Мы выскочили из кают-компании, чуть не сбив с ног входившего Борю Линева.
— Борька! — закричал я, хватая его за руки. — Моржик-то! Медвежатник ведь! Как работал, ты бы посмотрел! Прямо из кожи лез! Вот тебе и овчарка!
— Врешь? — обрадовался Боря. — Неужели медвежатник? А я-то его все утро ищу. Так он, значит, там орудовал? Ну, это здорово! — Он вырвался от меня, распахнул дверь кают-компании и радостно заорал:
— Наумыч! Моржик, оказывается, медвежатник! Прошу помилования!
— А ты говорил — овец ему только караулить, — смеясь сказал Наумыч.
Моржик был помилован.
А остальных собак все-таки пришлось застрелить. Ведь не каждый день к зимовке подходят медведи.
Шторм
Январь был самым тяжелым месяцем зимовки. Это самый ветреный месяц полярной зимы.
Часто, собравшись у кого-нибудь в комнате, мы говорили о том, как изменились у нас здесь представления о плохой и хорошей погоде.
Бывало, в городе, собираясь выходить на улицу, каждый из нас прежде всего беспокоился — а не пойдет ли дождь? А не идет ли снег? Не очень ли холодно? Темная, тяжелая, дождевая туча у горизонта могла расстроить загородную прогулку, а из-за мороза можно было отложить деловую поездку с одного конца города на другой.
В городе мы боялись дождя, снега, холода.
Здесь, на зимовке, мы больше всего боялись ветра. Действительно, трудно себе представить ленинградца или москвича, который, собираясь выйти из дому, озабоченно расспрашивал бы своих домашних: «А какой силы нынче ветер? Метров десять в секунду будет?» Или: «Не знаешь, ветер еще зюд-зюд-вест, или уже повернул на другие румбы?»
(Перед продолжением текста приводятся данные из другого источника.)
-- ===== src/Tunnel/Laws.antt =====
-- When a daemon joins the mesh, how long it can wait for that, and in which order it acts.
use sand_d.Prelude.{
  String, Bool, true, false, ◌&&◌, Option, none, some, ◌≡◌, ◌↔◌, refl, sym, arith, Bool-cases,
  Option-cases, inl, inr, ◌⊎◌, ◌∙◌,
}
use sand_d.Tunnel.{
  Output, Mesh, Run, Joined, joined, error, after, is_success, await_ip, await_proxy, join,
  start_proxy, refresh, setup_tunnel, not_up,
}
use sand_d.Tunnel.Polls.{ReadyWithin, PrintedWithin, await_proxy_iff, await_ip-PrintedWithin}

-- The proxy is there and healthy, or it is started and comes up.
abbrev pub HasProxy : Mesh → Type 0
HasProxy env =
    ((env.reachable && is_success env.status) ≡ true)
    ⊎ ((env.spawns ≡ true) × ReadyWithin env.probes 20 0)

-- Joining succeeds, and an address is assigned.
abbrev pub HasAddress : (trim : String → String) → Mesh → Type 0
HasAddress trim env =
    ((o : Output) × (env.up ≡ some o) × (o.success ≡ true)) × PrintedWithin trim env.ips 30

-- With `tailscale up` over, joining is the wait for an address.
join-await_ip :
    (trim : String → String) (context authkey server : String) (env : Mesh) {o : Output}
    → env.up ≡ some o
    → o.success ≡ true
    → (join trim context authkey server env).1 ≡ (await_ip trim env.ips 30 0).1
unfolding join
join-await_ip trim context authkey server env u g = rw (join, u, g) refl

pub join_needs_up :
    (trim : String → String) (context authkey server : String) (env : Mesh)
    → (join trim context authkey server env).1 ≡ joined
    → (o : Output) × (env.up ≡ some o) × (o.success ≡ true)
unfolding join
join_needs_up trim context authkey server env h = elim (Option-cases env.up) [
  | inl n ↦ absurd (ground (arith, n))
  | inr (o, u) ↦ elim (Bool-cases o.success) [
    | inl g ↦ (o, u, g)
    | inr b ↦ absurd (ground (arith, u, b))
  ]
]

pub join_iff :
    (trim : String → String) (context authkey server : String) (env : Mesh)
    → ((join trim context authkey server env).1 ≡ joined) ↔ HasAddress trim env
join_iff trim context authkey server env =
    let (to, from) = await_ip-PrintedWithin trim env.ips 30 in
    (
      λ h.
          let (o, u, g) = join_needs_up trim context authkey server env h in
          ((o, u, g), to (sym (join-await_ip trim context authkey server env u g) ∙ h)),
      λ ((o, u, g'), w). join-await_ip trim context authkey server env u g' ∙ from w,
    )

pub proxy_healthy :
    (env : Mesh) (next : Run)
    → (env.reachable && is_success env.status) ≡ true
    → (start_proxy env next).1 ≡ next.1
unfolding start_proxy
proxy_healthy env next h = rw (start_proxy, h) refl

proxy_started :
    (env : Mesh) (next : Run)
    → (env.reachable && is_success env.status) ≡ false
    → env.spawns ≡ true
    → (await_proxy env.probes 20 0).1 ≡ true
    → (start_proxy env next).1 ≡ next.1
unfolding start_proxy
proxy_started env next h s r = rw (start_proxy, h, s, r) refl

proxy_not_started :
    (env : Mesh) (next : Run)
    → (env.reachable && is_success env.status) ≡ false
    → env.spawns ≡ false
    → (start_proxy env next).1 ≡ error "Failed to start tailscaled"
unfolding start_proxy
proxy_not_started env next h s = rw (start_proxy, h, s) refl

proxy_not_up :
    (env : Mesh) (next : Run)
    → (env.reachable && is_success env.status) ≡ false
    → env.spawns ≡ true
    → (await_proxy env.probes 20 0).1 ≡ false
    → (start_proxy env next).1 ≡ error not_up
unfolding start_proxy
proxy_not_up env next h s r = rw (start_proxy, h, s, r) refl

pub joined_not_error : (r : Joined) {e : String} → r ≡ joined → r ≡ error e → ⊥
joined_not_error r h h' = cc

pub proxy_needs_start :
    (env : Mesh) (next : Run)
    → (env.reachable && is_success env.status) ≡ false
    → (start_proxy env next).1 ≡ joined
    → (env.spawns ≡ true) × ((await_proxy env.probes 20 0).1 ≡ true)
proxy_needs_start env next h j = elim (Bool-cases env.spawns) [
  | inr n ↦ absurd (joined_not_error _ j (proxy_not_started env next h n))
  | inl s ↦ elim (Bool-cases (await_proxy env.probes 20 0).1) [
    | inl r ↦ (s, r)
    | inr n ↦ absurd (joined_not_error _ j (proxy_not_up env next h s n))
  ]
]

pub start_proxy_iff :
    (env : Mesh) (next : Run)
    → ((start_proxy env next).1 ≡ joined) ↔ (HasProxy env × (next.1 ≡ joined))
start_proxy_iff env next =
    let (to, from) = await_proxy_iff env.probes 20 0 in
    elim (Bool-cases (env.reachable && is_success env.status)) [
      | inl h ↦
          (λ j. (inl h, sym (proxy_healthy env next h) ∙ j), λ (_, j). proxy_healthy env next h ∙ j)
      | inr h ↦ (
        λ j.
            let (s, r) = proxy_needs_start env next h j in
            (inr (s, to r), sym (proxy_started env next h s r) ∙ j),
        λ (p, j). elim p [
          | inl g ↦ absurd (cc)
          | inr (s, w) ↦ proxy_started env next h s (from w) ∙ j
        ],
      )
    ]

-- Both options are given, Tailscale can be run, the proxy is there or comes up, and an address is
-- assigned.
pub record CanJoin (trim : String → String) (key server : Option String) (env : Mesh) : Type 0 where
  pub has_key : (k : String) × (key ≡ some k)
  pub has_server : (s : String) × (server ≡ some s)
  pub installed : (o : Output) × (env.version ≡ some o)
  pub proxy : HasProxy env
  pub address : HasAddress trim env

pub setup_tunnel-start_proxy :
    (trim : String → String) (k s : String) (force_refresh : Bool) (env : Mesh) {o : Output}
    → env.version ≡ some o
    → (setup_tunnel trim (some k) (some s) force_refresh env).1
      ≡ (start_proxy env
          (after (refresh force_refresh) (join trim "Failed to join mesh network" k s env))).1
unfolding setup_tunnel
setup_tunnel-start_proxy trim k s force_refresh env v = rw (setup_tunnel, v) refl

pub setup_tunnel_missing :
    (trim : String → String) (k s : String) (force_refresh : Bool) (env : Mesh)
    → env.version ≡ none
    → (setup_tunnel trim (some k) (some s) force_refresh env).1 ≡ error "Tailscale not found"
unfolding setup_tunnel
setup_tunnel_missing trim k s force_refresh env v = rw (setup_tunnel, v) refl

-- Setting up the tunnel succeeds exactly if both options are given, Tailscale can be run, the proxy
-- is healthy or is started and accepts a connection at one of 20 probes, `tailscale up` succeeds,
-- and one of 30 looks finds an address; forcing a refresh makes no difference to that.
pub setup_tunnel_iff :
    (trim : String → String) (key server : Option String) (force_refresh : Bool) (env : Mesh)
    → ((setup_tunnel trim key server force_refresh env).1 ≡ joined) ↔ CanJoin trim key server env
unfolding setup_tunnel
setup_tunnel_iff trim none server force_refresh env =
    (λ h. absurd (cc), λ c. absurd (let (k, e) = c.has_key in cc))
setup_tunnel_iff trim (some k) none force_refresh env =
    (λ h. absurd (cc), λ c. absurd (let (s, e) = c.has_server in cc))
setup_tunnel_iff trim (some k) (some s) force_refresh env =
    let context : String = "Failed to join mesh network" in
    let next = after (refresh force_refresh) (join trim context k s env) in
    let (to, from) = start_proxy_iff env next in
    let (j_to, j_from) = join_iff trim context k s env in
    elim (Option-cases env.version) [
      | inl n ↦ (
        λ h. absurd (joined_not_error _ h (setup_tunnel_missing trim k s force_refresh env n)),
        λ c. absurd (let (o, e) = c.installed in cc),
      )
      | inr (o, v) ↦ (
        λ h.
            let (p, j) = to (sym (setup_tunnel-start_proxy trim k s force_refresh env v) ∙ h) in
            record {
              has_key = (k, refl);
              has_server = (s, refl);
              installed = (o, v);
              proxy = p;
              address = j_to j;
            },
        λ c.
            setup_tunnel-start_proxy trim k s force_refresh env v
            ∙ from (c.proxy, j_from c.address),
      )
    ]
Какое дело горожанину до того, каких румбов и с какой силой дует на улице ветер? Дождя бы не было.
А для нас было совершенно безразлично — идет дождь или не идет, снег ли, град ли падает с неба и какой мороз — пятнадцать или тридцать пять градусов. Главное — не было бы ветра.
В тихую погоду не страшен никакой мороз. Но даже маленький северный ветерок делает пустячный мороз почти непереносимым. А если ветер начинает дуть со скоростью в десять, двадцать, тридцать метров в секунду, со скоростью в сто с лишним километров в час?
Вы представляете себе человека, который стоит на месте, а мимо него летит океан ледяного воздуха со скоростью ста двадцати километров в час? А если человеку надо не стоять на месте, а итти?
На таком ветру человеку не удержаться на ногах. Ветер свалит его и покатит, как катит по мостовой папиросный окурок.
Этот ветер сотрясает до основания дома, он пронизывает насквозь любую одежду, он поднимает и несет целые тучи сухого снега и вколачивает, вгоняет снег в самые маленькие щелочки, в невидимые трещинки стен.
Каждый раз после такого шторма пол в кают-компании засыпан, как сахарной пудрой, мелким сухим снегом. Даже через законопаченные паклей бревенчатые стены старого дома проникал этот ветер.
____________
Весь январь, почти не утихая, бушевали штормы. Больше всех доставалось от них нам — метеорологам.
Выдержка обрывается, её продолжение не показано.